# Data for review
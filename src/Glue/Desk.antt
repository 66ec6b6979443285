-- ===== src/Glue/Desk.antt =====
-- The workspaces that include/mono/ext.h keeps for the tags of each output, the outputs that are
-- bound over dwl-ipc (include/mono/ipc.h), and status_emit of src/main.c, which tells all of them.
use monowm.Base.{
  ℕ, zero, suc, ◌+◌, ◌-◌, ◌^◌, Bool, false, not, ◌&&◌, Option, none, some, List, [], ◌∷◌, ◌++◌,
  ◌==◌, map, keep, if◌then◌else◌, any_of, shares, leb, bit_and,
}
use monowm.Wm.State.{Server, Monitor, tagset, tagcount, tag_mask, find_mon}
use monowm.Ext.State.{Manager, Env, Workspace}
use monowm.Ext.Groups.{group_create, group_destroy, output_entered, output_left}
use monowm.Ext.Workspaces.{
  workspace_create, workspace_destroy, set_group, set_name, set_state, find_workspace, has_text,
}
use monowm.Status.Collect.{MonitorStatus, status_collect}
use monowm.Status.Send.{Texts, IpcEvent, Line, ipc_send_output_state, status_lines}

-- struct ext_workspace. `m` is an output.
pub record ExtWorkspace : Type 0 where
  pub tag : ℕ
  pub m : ℕ
  pub handle : ℕ

-- A resource of an output, with the version it was bound with; `mon` is NULL once that is freed.
pub record IpcOutput : Type 0 where
  pub resource : ℕ
  pub version : ℕ
  pub mon : Option ℕ

-- `status` and `ext_group` are the fields of each Monitor.
pub record Desk : Type 0 where
  pub server : Server
  pub status : ℕ → MonitorStatus
  pub ext_group : ℕ → Option ℕ
  pub manager : Manager
  pub ext_workspaces : List ExtWorkspace
  pub ipc_outputs : List IpcOutput
  pub ipc_sent : List (ℕ × List IpcEvent)
  pub lines : List Line

abbrev pub put {ℓ} : {A : Type ℓ} → (ℕ → A) → ℕ → A → ℕ → A
put f k v i = if i == k then v else f i

-- EXT_WORKSPACE_CAPS.
abbrev pub ext_workspace_caps : ℕ
ext_workspace_caps = 3

abbrev pub state_active : ℕ
state_active = 2 ^ 0

abbrev pub state_urgent : ℕ
state_urgent = 2 ^ 1

abbrev pub state_hidden : ℕ
state_hidden = 2 ^ 2

-- 1 << (tag - 1).
abbrev pub tag_bit : ℕ → ℕ
tag_bit tag = 2 ^ (tag - 1)

unfoldable pub get_tag_status : ℕ → MonitorStatus → ℕ
get_tag_status tag st =
    if shares st.urgent (tag_bit tag) then 2 else if shares st.occupied (tag_bit tag) then 1 else 0

unfoldable pub tag_name : ℕ → List ℕ
tag_name tag = if leb 1 tag && leb tag 9 then (b'0' + tag) ∷ [] else b'?' ∷ []

-- The text "%s:%u"; TAGCOUNT is 9, so a tag has one digit.
abbrev pub id_text : List ℕ → ℕ → List ℕ
id_text name tag = name ++ b':' ∷ (b'0' + tag) ∷ []

-- Whether the handle of some workspace has this id already.
abbrev pub has_id : Option Workspace → List ℕ → Bool
has_id none t = false
has_id (some v) t = has_text v.text_id t

unfoldable pub is_unique : Manager → List ExtWorkspace → List ℕ → Bool
is_unique mgr ws t = not (any_of (λ w. has_id (find_workspace mgr w.handle) t) ws)

-- The group of an output that comes.
unfoldable pub with_group : Env → ℕ → Desk → Desk
unfolding group_create output_entered
with_group env m d =
    let g = d.manager.next in
    record d {
      manager = output_entered env g m (group_create env 0 d.manager);
      ext_group = put d.ext_group m (some g);
    }

module _ (T : Texts) where
  unfoldable pub ext_workspace_create : ℕ → ℕ → Desk → Desk
  unfolding is_unique tag_name workspace_create set_group set_name
  ext_workspace_create tag m d =
      let t = id_text (T.output_name m) tag in
      let h = d.manager.next in
      record d {
        manager = set_name h (tag_name tag) (
            set_group h (d.ext_group m) (
              workspace_create (if is_unique d.manager d.ext_workspaces t then some t else none)
                ext_workspace_caps d.manager));
        ext_workspaces = d.ext_workspaces ++ record { tag = tag; m = m; handle = h } ∷ [];
      }

  -- The loop over the tags, by the rounds that are left.
  unfoldable pub create_tags : ℕ → ℕ → ℕ → Desk → Desk
  unfolding ext_workspace_create
  create_tags zero i m d = d
  create_tags (suc n) i m d = create_tags n (suc i) m (ext_workspace_create i m d)

  unfoldable pub ext_workspace_createmon : Env → ℕ → Desk → Desk
  unfolding create_tags with_group
  ext_workspace_createmon env m d = create_tags tagcount 1 m (with_group env m d)

-- The loop of ext_workspace_cleanupmon.
unfoldable pub destroy_all : List ExtWorkspace → Manager → Manager
unfolding workspace_destroy
destroy_all [] mgr = mgr
destroy_all (w ∷ ws) mgr = destroy_all ws (workspace_destroy w.handle mgr)

abbrev pub drop_group : Env → Option ℕ → ℕ → Manager → Manager
drop_group env none m mgr = mgr
drop_group env (some g) m mgr = group_destroy g (output_left env g m mgr)

unfoldable pub ext_workspace_cleanupmon : Env → ℕ → Desk → Desk
unfolding destroy_all group_destroy output_left
ext_workspace_cleanupmon env m d = record d {
  manager =
      drop_group env (d.ext_group m) m
        (destroy_all (keep (λ w. w.m == m) d.ext_workspaces) d.manager);
  ext_workspaces = keep (λ w. not (w.m == m)) d.ext_workspaces;
  ext_group = put d.ext_group m none;
}

-- What a workspace is told of its tag.
unfoldable pub tell_workspace : Monitor → MonitorStatus → ExtWorkspace → Manager → Manager
unfolding get_tag_status set_state
tell_workspace m st w mgr =
    set_state w.handle state_active (shares (bit_and (tagset m) (tag_bit w.tag)) tag_mask) (
      set_state w.handle state_hidden false
        (set_state w.handle state_urgent (get_tag_status w.tag st == 2) mgr))

unfoldable pub ext_workspace_printstatus :
    Monitor → MonitorStatus → List ExtWorkspace → Manager → Manager
unfolding tell_workspace
ext_workspace_printstatus m st [] mgr = mgr
ext_workspace_printstatus m st (w ∷ ws) mgr =
    ext_workspace_printstatus m st ws (if w.m == m.id then tell_workspace m st w mgr else mgr)

-- The outputs of dwl-ipc.
abbrev pub send_state :
    Texts → Server → (ℕ → MonitorStatus) → IpcOutput → Option Monitor → List (ℕ × List IpcEvent)
send_state T s status o none = []
send_state T s status o (some m) =
    (o.resource, ipc_send_output_state T o.version s (status m.id) m) ∷ []

abbrev pub mon_at : Server → Option ℕ → Option Monitor
mon_at s none = none
mon_at s (some k) = find_mon s k

unfoldable pub ipc_printstatus : Texts → List IpcOutput → Desk → Desk
unfolding ipc_send_output_state
ipc_printstatus T [] d = d
ipc_printstatus T (o ∷ os) d =
    ipc_printstatus T os (record d {
      ipc_sent = d.ipc_sent ++ send_state T d.server d.status o (mon_at d.server o.mon);
    })

unfoldable pub ipc_cleanupmon : ℕ → Desk → Desk
ipc_cleanupmon k d = record d {
  ipc_outputs =
      map
        (λ o. if elim o.mon [ none ↦ false | some j ↦ j == k ] then record o { mon = none } else o)
        d.ipc_outputs;
}

-- A client binds an output.
abbrev pub first_state : Texts → IpcOutput → Option Monitor → Desk → Desk
first_state T o none d = d
first_state T o (some m) d =
    let status = put d.status m.id (status_collect d.server m) in
    record d { status = status; ipc_sent = d.ipc_sent ++ send_state T d.server status o (some m) }

unfoldable pub ipc_manager_handle_get_output : Texts → ℕ → ℕ → Option ℕ → Desk → Desk
unfolding ipc_send_output_state status_collect
ipc_manager_handle_get_output T resource version m d =
    let o : IpcOutput = record { resource = resource; version = version; mon = m } in
    first_state T o (mon_at d.server m) (record d { ipc_outputs = o ∷ d.ipc_outputs })

unfoldable pub ipc_output_destroy : ℕ → Desk → Desk
ipc_output_destroy r d = record d { ipc_outputs = keep (λ o. not (o.resource == r)) d.ipc_outputs }

-- One round of status_emit.
unfoldable pub emit_mon : Texts → Monitor → Desk → Desk
unfolding status_collect status_lines ext_workspace_printstatus
emit_mon T m d =
    let st = status_collect d.server m in
    record d {
      status = put d.status m.id st;
      lines = d.lines ++ status_lines T d.server st m;
      manager = ext_workspace_printstatus m st d.ext_workspaces d.manager;
    }

unfoldable pub emit_mons : Texts → List Monitor → Desk → Desk
unfolding emit_mon
emit_mons T [] d = d
emit_mons T (m ∷ ms) d = emit_mons T ms (emit_mon T m d)

unfoldable pub status_emit : Texts → Desk → Desk
unfolding emit_mons ipc_printstatus
status_emit T d = let told = emit_mons T d.server.mons d in ipc_printstatus T told.ipc_outputs told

# What this task involves
Among the entries above, copy exactly only the lines starting with the one containing "abbrev pub id_text : List ℕ → ℕ → List ℕ" and going through the one containing "unfolding destroy_all group_destroy", both ends included.

# Final answer
abbrev pub id_text : List ℕ → ℕ → List ℕ
id_text name tag = name ++ b':' ∷ (b'0' + tag) ∷ []

-- Whether the handle of some workspace has this id already.
abbrev pub has_id : Option Workspace → List ℕ → Bool
has_id none t = false
has_id (some v) t = has_text v.text_id t

unfoldable pub is_unique : Manager → List ExtWorkspace → List ℕ → Bool
is_unique mgr ws t = not (any_of (λ w. has_id (find_workspace mgr w.handle) t) ws)

-- The group of an output that comes.
unfoldable pub with_group : Env → ℕ → Desk → Desk
unfolding group_create output_entered
with_group env m d =
    let g = d.manager.next in
    record d {
      manager = output_entered env g m (group_create env 0 d.manager);
      ext_group = put d.ext_group m (some g);
    }

module _ (T : Texts) where
  unfoldable pub ext_workspace_create : ℕ → ℕ → Desk → Desk
  unfolding is_unique tag_name workspace_create set_group set_name
  ext_workspace_create tag m d =
      let t = id_text (T.output_name m) tag in
      let h = d.manager.next in
      record d {
        manager = set_name h (tag_name tag) (
            set_group h (d.ext_group m) (
              workspace_create (if is_unique d.manager d.ext_workspaces t then some t else none)
                ext_workspace_caps d.manager));
        ext_workspaces = d.ext_workspaces ++ record { tag = tag; m = m; handle = h } ∷ [];
      }

  -- The loop over the tags, by the rounds that are left.
  unfoldable pub create_tags : ℕ → ℕ → ℕ → Desk → Desk
  unfolding ext_workspace_create
  create_tags zero i m d = d
  create_tags (suc n) i m d = create_tags n (suc i) m (ext_workspace_create i m d)

  unfoldable pub ext_workspace_createmon : Env → ℕ → Desk → Desk
  unfolding create_tags with_group
  ext_workspace_createmon env m d = create_tags tagcount 1 m (with_group env m d)

-- The loop of ext_workspace_cleanupmon.
unfoldable pub destroy_all : List ExtWorkspace → Manager → Manager
unfolding workspace_destroy
destroy_all [] mgr = mgr
destroy_all (w ∷ ws) mgr = destroy_all ws (workspace_destroy w.handle mgr)

abbrev pub drop_group : Env → Option ℕ → ℕ → Manager → Manager
drop_group env none m mgr = mgr
drop_group env (some g) m mgr = group_destroy g (output_left env g m mgr)

unfoldable pub ext_workspace_cleanupmon : Env → ℕ → Desk → Desk
unfolding destroy_all group_destroy output_left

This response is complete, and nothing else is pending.